IV. Terms of payment

  1. Payments are understood to be 30 days net cash. In case of payment of the total invoice amount within 14 days from the date of invoice, 2% discount will be granted. The period begins with the day of issuance of the invoice.
  2. Payments shall be deemed to have been made when the seller has received the credit note from the financial institution.
  3. If the payment deadline is exceeded, the Buyer shall be in default without reminder. Subject to other rights, the Seller may charge interest on arrears in the amount of 5% above the applicable discount rate of the Austrian National Bank, but in any case at least 12% p.a.. In the event of default in payment, the Buyer undertakes to reimburse all costs, expenses and cash outlays incurred by the Seller, irrespective of the title on which they are based, and incurred by the Seller in pursuing its justified claims arising from this contractual relationship, in particular the costs of engaging a licensed collection agency in accordance with the tariff.
  4. Bills of exchange and checks are only accepted on account of performance. Payment by bill of exchange requires special agreement. The interest and costs for discounting or collection of bills of exchange and checks shall be borne and paid by the buyer.
  5. Non-compliance with the terms of payment due to circumstances which indicate reduced creditworthiness of the Buyer and which become known to the Seller only after the conclusion of the contract shall result in the immediate maturity of all claims even in the event of a deferral. If in this case bills of exchange have not yet been honored, the Seller shall nevertheless be entitled to immediate payment in cash.
  6. Changes in the assessment of the Buyer's creditworthiness, e.g. exceeding a certain payment term, sluggish payment, receipt of unfavorable information, etc., entitled the Seller to demand security or advance payment prior to performance, even if this was not initially agreed.
  7. The purchaser may only offset claims we have against it or effectively assert a right of retention if its counterclaim has been legally established by a court of law or is undisputed.

V. Delivery

  1. Unless otherwise agreed in writing, the mode of delivery shall be left to the discretion of the seller.
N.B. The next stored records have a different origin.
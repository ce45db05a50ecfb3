-- ===== src/Parser/Tests.antt =====
-- A stream of three tokens, and the theorems at it.
use becoming_an_elite_engine.Base.{
  text_order, ℕ, ◌≡◌, ◌≢◌, refl, true, false, some, none, List, [], ◌∷◌, ◌++◌, All, contains,
  length, arith, if◌then◌else◌, ◌==◌,
}
use becoming_an_elite_engine.Bst.{Tree, null, node, recurse_insertion, recurse_search}
use becoming_an_elite_engine.Bst.Laws.{value, IsOrdered}
use becoming_an_elite_engine.Lexer.Text.{Text}
use becoming_an_elite_engine.Parser.{fulfilled, failed, broken, Round, run, run_loop}
use becoming_an_elite_engine.Parser.Stream.{rounds, end_of_stream, run-drained, run-fulfilled}

-- "cat", "hat", "cat"
abbrev stream : List Text
stream = (99 ∷ 97 ∷ 116 ∷ []) ∷ (104 ∷ 97 ∷ 116 ∷ []) ∷ (99 ∷ 97 ∷ 116 ∷ []) ∷ []

abbrev all_rounds : List Round
all_rounds = rounds stream ++ (end_of_stream ∷ [])

abbrev built : Tree Text
built = node null (99 ∷ 97 ∷ 116 ∷ []) (node null (104 ∷ 97 ∷ 116 ∷ []) null)

run_test : run all_rounds ≡ some (fulfilled 3, built)
unfolding run run_loop recurse_insertion
run_test = refl

stopped_test : run ((true, 99 ∷ []) ∷ (false, []) ∷ []) ≡ some (broken, node null (99 ∷ []) null)
unfolding run run_loop recurse_insertion
stopped_test = refl

stream_full : All (λ token. token ≢ []) stream
stream_full = ground arith

run-drained_example :
    (t : Tree Text) × (run (rounds stream ++ (end_of_stream ∷ []))
      ≡ some (if length stream == 0 then failed else fulfilled (length stream), t))
    × IsOrdered t
    × (value (recurse_search t (104 ∷ []))
        ≡ (if contains (104 ∷ []) stream then some (104 ∷ []) else none))
run-drained_example = run-drained stream [] (104 ∷ []) stream_full (omega arith)

run-fulfilled_example :
    (tokens : List Text) × (later : List Round) × (all_rounds
      ≡ rounds tokens ++ (end_of_stream ∷ later))
    × All (λ token. token ≢ []) tokens
    × (◌≡◌ {A = ℕ} 3 (length tokens))
run-fulfilled_example = run-fulfilled all_rounds 3 built (omega arith) run_test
The shipment is at the risk of the buyer.
  2. If no delivery date is agreed, the delivery period shall be deemed to be the period between the date of the order confirmation and the date of notification of readiness for delivery to the purchaser on the basis of the agreed period. In any case, the delivery period shall not commence until after approval of the proofs by the Purchaser and receipt of all working documents required for the execution of the order.
  3. All information about delivery time is non-binding.
  4. If the delivery is not made in due time, the purchaser shall grant us a grace period of at least 21 working days. All reminders and setting of deadlines by the purchaser must be in writing to be effective.
  5. In the absence of any other agreement in the order confirmation, a period of no more than six months with monthly call-offs shall be assumed for call-off orders. If a partial delivery is not accepted at the stipulated time, it may be stored at the Buyer's expense and risk and immediately invoiced in full, or the Seller may deliver the goods without prior notice. Any additional costs incurred as a result of the call order will be invoiced separately to the Buyer.
  6. In the event of default in acceptance on the part of the Buyer, the Seller shall be entitled, at its discretion, to store the goods not accepted at its own premises or in a public warehouse, in each case at the Buyer's expense.
  7. Preventive clause - In the event of force majeure, such as natural disasters, etc. measures of the public authorities, operational disruptions, traffic difficulties, strikes, lockouts and other business interruptions, etc., the seller is wholly or partially released from compliance with its delivery obligation, without the buyer from this claims arise or he can cancel the order placed.
  8. Transport damages can only be acknowledged if these were noted by the buyer on the delivery papers when taking over the goods.
  9. If, through no fault of our own, transport by the intended route or to the intended place within the intended time becomes impossible, we shall be entitled to deliver by another route or to another place; the additional costs incurred shall be borne by the Buyer. The buyer shall be given the opportunity to comment beforehand.
  10. If the purchaser declares prior to production of the ordered goods that he does not wish to accept them, he shall pay 40% of the contract value as compensation for lost profit and costs incurred; both parties to the contract reserve the right to prove higher or lower damages.
  11. Storage of rotogravure cylinders: We store rotogravure cylinders with customer motifs for a maximum of 14 months after the last printing and then release them for re-engraving. Should the buyer wish to extend the storage period, an extension can be agreed against payment.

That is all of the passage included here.